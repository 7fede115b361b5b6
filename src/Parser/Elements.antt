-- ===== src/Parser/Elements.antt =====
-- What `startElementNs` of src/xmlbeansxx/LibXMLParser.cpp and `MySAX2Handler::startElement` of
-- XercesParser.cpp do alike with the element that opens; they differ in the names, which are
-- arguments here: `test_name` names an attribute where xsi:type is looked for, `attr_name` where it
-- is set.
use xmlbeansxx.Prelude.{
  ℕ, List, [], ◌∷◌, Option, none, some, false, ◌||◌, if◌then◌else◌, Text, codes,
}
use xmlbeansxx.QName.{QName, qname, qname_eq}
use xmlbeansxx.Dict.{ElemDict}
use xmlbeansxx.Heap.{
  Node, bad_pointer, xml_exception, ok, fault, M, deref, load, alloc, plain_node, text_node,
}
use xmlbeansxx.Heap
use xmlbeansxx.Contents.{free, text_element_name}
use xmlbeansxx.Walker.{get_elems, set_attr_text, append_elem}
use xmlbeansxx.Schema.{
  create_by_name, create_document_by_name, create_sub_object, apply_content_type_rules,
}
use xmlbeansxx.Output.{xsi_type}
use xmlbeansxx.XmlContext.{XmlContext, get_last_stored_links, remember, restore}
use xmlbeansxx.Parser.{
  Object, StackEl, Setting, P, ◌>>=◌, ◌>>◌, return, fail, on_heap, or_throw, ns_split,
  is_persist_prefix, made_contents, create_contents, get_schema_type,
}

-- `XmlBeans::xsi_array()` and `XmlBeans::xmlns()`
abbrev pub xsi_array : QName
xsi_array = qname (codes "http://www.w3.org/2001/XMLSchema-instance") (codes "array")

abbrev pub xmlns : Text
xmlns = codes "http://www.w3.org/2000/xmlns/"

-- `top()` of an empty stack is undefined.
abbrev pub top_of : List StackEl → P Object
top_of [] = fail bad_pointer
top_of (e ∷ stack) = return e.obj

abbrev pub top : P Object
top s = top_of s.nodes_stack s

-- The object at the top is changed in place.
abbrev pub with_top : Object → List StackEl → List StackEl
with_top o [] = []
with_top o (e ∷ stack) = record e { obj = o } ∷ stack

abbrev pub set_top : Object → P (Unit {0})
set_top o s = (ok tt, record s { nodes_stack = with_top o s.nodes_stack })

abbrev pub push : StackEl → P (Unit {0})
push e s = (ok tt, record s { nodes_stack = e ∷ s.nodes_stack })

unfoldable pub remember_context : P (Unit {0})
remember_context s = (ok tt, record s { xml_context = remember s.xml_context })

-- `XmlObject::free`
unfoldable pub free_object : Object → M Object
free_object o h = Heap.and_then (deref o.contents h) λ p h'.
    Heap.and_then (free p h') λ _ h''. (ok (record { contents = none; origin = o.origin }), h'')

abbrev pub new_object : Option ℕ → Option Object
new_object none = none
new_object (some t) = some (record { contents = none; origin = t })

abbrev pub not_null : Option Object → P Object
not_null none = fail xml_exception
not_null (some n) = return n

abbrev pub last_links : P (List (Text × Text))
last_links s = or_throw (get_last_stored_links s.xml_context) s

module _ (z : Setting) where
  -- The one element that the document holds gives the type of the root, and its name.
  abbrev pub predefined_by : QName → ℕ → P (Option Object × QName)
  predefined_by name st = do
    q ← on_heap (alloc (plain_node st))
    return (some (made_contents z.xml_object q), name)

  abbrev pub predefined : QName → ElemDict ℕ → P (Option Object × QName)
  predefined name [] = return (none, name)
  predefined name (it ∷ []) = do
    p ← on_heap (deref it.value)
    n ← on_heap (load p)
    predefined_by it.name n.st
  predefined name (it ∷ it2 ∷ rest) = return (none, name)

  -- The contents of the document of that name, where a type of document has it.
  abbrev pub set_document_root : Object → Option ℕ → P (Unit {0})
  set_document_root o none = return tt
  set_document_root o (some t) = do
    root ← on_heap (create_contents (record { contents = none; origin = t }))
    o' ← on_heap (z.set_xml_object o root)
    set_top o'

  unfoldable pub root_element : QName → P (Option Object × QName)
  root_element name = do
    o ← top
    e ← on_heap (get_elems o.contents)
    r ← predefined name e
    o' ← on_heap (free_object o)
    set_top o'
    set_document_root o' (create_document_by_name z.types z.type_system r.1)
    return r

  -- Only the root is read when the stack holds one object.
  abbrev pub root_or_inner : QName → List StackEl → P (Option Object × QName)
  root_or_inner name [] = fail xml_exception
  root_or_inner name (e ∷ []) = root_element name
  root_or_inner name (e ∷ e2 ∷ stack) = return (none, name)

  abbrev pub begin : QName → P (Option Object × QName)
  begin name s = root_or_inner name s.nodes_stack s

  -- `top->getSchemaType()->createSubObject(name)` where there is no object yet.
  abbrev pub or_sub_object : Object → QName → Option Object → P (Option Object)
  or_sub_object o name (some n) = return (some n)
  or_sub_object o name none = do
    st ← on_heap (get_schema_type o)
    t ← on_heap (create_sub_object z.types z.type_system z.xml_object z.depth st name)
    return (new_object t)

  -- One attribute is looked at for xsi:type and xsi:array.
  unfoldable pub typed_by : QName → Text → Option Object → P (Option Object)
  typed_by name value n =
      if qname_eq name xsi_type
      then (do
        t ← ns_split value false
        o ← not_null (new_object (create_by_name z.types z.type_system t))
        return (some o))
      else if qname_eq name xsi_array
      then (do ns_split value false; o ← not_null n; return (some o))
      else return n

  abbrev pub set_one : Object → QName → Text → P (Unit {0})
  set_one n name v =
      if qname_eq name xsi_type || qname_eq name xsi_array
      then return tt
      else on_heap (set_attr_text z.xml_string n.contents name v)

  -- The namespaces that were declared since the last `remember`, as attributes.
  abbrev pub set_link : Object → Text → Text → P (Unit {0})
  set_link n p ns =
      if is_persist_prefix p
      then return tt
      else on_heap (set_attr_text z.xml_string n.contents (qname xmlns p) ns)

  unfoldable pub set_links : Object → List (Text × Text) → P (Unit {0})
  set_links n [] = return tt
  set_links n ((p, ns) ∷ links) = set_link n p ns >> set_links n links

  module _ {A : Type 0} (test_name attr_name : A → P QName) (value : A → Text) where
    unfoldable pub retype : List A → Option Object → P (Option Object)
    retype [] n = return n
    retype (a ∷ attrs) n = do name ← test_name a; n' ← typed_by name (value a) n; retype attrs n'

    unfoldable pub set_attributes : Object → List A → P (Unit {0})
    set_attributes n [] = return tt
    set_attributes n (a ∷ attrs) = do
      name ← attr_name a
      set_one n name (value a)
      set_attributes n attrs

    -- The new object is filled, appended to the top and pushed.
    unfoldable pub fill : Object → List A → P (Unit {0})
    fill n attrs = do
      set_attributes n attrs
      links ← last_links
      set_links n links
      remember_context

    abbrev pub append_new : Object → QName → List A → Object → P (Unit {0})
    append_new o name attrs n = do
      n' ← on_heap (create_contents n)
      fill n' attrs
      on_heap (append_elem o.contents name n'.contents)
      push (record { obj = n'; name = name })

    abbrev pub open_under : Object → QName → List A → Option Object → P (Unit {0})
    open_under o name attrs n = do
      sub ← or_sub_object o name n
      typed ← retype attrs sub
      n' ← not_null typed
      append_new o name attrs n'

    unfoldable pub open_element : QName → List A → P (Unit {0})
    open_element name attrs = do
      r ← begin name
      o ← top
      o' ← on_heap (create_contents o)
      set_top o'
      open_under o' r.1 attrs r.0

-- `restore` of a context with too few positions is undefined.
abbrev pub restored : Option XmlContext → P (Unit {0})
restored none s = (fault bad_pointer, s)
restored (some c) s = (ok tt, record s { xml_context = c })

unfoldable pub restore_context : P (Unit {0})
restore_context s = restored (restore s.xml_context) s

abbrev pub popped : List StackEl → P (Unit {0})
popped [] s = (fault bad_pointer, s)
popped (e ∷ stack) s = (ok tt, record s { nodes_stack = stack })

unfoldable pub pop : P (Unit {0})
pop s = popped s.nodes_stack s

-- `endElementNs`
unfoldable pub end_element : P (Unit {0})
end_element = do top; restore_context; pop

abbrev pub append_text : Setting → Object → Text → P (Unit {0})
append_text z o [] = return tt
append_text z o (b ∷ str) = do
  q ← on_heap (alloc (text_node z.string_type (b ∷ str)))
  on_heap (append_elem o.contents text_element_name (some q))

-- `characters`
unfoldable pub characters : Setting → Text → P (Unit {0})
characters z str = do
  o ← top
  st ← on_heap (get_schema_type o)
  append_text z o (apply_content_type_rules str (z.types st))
◆ ◆ ◆
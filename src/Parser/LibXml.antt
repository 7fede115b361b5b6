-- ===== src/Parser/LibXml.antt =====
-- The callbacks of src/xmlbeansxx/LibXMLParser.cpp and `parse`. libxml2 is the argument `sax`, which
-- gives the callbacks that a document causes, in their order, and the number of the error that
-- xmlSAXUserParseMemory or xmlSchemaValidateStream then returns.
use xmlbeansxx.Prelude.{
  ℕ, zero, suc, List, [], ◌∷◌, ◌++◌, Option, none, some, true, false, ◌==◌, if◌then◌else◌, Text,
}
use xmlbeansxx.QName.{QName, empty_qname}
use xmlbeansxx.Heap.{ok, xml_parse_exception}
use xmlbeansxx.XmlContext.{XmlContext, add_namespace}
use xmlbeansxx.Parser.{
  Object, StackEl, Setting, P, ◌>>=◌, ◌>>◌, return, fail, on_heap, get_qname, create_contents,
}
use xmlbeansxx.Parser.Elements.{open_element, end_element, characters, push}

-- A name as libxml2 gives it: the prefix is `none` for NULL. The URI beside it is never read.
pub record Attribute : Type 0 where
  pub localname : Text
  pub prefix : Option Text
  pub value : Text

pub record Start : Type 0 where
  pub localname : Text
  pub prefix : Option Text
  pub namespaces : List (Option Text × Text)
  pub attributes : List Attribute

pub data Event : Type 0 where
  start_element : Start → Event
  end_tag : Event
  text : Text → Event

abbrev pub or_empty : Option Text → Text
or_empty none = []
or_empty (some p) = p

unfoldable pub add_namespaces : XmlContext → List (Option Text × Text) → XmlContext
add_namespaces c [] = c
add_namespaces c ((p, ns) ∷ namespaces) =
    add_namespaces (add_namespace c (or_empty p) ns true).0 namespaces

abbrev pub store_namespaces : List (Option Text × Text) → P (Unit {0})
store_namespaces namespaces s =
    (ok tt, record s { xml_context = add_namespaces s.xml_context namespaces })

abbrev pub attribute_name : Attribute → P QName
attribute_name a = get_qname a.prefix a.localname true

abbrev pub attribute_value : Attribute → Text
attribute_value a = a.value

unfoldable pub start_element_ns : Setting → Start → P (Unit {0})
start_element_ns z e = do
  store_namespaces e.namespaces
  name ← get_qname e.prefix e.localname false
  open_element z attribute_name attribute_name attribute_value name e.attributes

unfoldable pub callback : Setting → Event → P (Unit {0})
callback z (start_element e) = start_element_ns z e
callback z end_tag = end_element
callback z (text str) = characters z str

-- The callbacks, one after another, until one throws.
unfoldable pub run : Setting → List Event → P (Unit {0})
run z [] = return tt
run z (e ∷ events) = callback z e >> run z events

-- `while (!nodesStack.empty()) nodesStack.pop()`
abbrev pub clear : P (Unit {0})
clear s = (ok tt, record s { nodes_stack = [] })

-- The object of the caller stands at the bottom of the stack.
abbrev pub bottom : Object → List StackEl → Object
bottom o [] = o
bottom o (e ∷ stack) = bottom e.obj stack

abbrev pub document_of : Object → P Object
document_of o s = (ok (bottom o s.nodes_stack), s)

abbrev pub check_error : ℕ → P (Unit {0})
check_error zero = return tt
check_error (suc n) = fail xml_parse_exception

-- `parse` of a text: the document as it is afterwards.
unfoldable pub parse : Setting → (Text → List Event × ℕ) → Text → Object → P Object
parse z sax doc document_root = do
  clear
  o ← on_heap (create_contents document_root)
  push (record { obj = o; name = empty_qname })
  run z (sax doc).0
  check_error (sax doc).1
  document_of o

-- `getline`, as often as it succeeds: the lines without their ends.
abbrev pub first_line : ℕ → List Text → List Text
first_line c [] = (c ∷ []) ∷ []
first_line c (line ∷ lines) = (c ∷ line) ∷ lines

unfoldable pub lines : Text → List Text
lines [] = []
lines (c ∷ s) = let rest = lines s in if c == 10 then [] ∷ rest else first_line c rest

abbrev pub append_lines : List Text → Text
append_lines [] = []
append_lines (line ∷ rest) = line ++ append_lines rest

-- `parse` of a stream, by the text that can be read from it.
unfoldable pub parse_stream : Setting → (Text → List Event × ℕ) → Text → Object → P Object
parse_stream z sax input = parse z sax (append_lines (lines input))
◆ ◆ ◆
> THE PROBLEM
Taking the entries above, write out exactly each line from the one holding "restored none s = (fault bad_pointer, s)" to the one holding "append_text z o (apply_content_type_rules", both included, and stop there.

> WRITTEN SOLUTION
restored none s = (fault bad_pointer, s)
restored (some c) s = (ok tt, record s { xml_context = c })

unfoldable pub restore_context : P (Unit {0})
restore_context s = restored (restore s.xml_context) s

abbrev pub popped : List StackEl → P (Unit {0})
popped [] s = (fault bad_pointer, s)
popped (e ∷ stack) s = (ok tt, record s { nodes_stack = stack })

unfoldable pub pop : P (Unit {0})
pop s = popped s.nodes_stack s

-- `endElementNs`
unfoldable pub end_element : P (Unit {0})
end_element = do top; restore_context; pop

abbrev pub append_text : Setting → Object → Text → P (Unit {0})
append_text z o [] = return tt
append_text z o (b ∷ str) = do
  q ← on_heap (alloc (text_node z.string_type (b ∷ str)))
  on_heap (append_elem o.contents text_element_name (some q))

-- `characters`
unfoldable pub characters : Setting → Text → P (Unit {0})
characters z str = do
  o ← top
  st ← on_heap (get_schema_type o)
  append_text z o (apply_content_type_rules str (z.types st))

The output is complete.